■ SUPPLIED INFORMATION
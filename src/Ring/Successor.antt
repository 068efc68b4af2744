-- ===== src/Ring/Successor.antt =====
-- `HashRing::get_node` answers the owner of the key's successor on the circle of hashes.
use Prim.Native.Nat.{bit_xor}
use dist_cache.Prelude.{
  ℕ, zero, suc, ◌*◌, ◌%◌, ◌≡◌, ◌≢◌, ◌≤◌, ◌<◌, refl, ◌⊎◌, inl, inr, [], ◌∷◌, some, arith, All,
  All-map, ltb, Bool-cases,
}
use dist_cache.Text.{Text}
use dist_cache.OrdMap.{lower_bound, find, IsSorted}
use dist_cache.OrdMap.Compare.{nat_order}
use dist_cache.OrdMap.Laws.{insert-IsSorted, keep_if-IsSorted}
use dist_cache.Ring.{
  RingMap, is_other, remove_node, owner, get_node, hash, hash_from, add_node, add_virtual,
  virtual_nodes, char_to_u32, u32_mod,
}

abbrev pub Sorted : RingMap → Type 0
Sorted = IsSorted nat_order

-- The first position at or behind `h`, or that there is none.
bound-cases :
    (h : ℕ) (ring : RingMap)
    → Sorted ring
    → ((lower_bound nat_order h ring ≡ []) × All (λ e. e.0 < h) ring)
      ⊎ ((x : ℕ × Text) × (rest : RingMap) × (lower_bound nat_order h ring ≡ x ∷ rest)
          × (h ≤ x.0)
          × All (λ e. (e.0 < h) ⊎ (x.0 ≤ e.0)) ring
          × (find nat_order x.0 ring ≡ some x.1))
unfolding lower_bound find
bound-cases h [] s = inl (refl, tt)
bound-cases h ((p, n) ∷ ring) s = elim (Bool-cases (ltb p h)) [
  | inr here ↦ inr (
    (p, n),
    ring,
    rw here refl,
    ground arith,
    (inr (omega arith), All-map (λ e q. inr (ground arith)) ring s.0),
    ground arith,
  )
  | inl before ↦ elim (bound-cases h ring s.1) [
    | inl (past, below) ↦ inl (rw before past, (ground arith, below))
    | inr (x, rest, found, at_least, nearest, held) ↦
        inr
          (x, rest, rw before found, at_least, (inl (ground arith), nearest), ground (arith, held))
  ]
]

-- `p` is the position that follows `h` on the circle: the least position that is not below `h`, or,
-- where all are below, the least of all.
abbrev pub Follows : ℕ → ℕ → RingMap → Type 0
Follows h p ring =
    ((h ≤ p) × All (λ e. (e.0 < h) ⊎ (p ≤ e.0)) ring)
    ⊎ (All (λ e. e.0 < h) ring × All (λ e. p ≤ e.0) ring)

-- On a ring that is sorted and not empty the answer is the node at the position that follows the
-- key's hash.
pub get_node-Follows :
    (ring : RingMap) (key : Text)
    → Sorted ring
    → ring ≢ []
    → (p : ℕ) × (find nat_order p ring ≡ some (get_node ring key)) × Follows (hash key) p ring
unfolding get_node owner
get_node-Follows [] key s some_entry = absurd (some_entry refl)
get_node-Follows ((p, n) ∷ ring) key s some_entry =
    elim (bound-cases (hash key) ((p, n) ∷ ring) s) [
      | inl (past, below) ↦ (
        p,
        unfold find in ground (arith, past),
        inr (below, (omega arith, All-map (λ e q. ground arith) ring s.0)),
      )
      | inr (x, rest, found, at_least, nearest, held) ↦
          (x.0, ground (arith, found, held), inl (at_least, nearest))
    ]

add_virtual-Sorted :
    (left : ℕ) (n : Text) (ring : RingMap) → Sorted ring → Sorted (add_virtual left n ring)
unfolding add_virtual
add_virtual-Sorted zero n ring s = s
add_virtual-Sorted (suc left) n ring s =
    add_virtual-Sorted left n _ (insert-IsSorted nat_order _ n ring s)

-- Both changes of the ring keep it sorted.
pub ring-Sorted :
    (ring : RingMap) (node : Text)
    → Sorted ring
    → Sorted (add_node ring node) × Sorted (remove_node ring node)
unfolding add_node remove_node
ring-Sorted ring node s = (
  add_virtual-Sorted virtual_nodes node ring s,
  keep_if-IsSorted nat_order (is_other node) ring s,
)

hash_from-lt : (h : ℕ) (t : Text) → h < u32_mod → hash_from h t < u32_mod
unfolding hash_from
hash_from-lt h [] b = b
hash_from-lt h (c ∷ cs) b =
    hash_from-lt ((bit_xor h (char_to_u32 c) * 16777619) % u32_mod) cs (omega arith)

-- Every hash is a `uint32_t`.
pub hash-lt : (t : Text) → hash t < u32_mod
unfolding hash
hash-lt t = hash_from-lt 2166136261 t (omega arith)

■ WHAT YOU SHOULD DO
Among the lines of the data, which ones contain the word "that"? Show them.

■ OUTPUT OF THE EXERCISE
-- The first position at or behind `h`, or that there is none.
-- `p` is the position that follows `h` on the circle: the least position that is not below `h`, or,
-- On a ring that is sorted and not empty the answer is the node at the position that follows the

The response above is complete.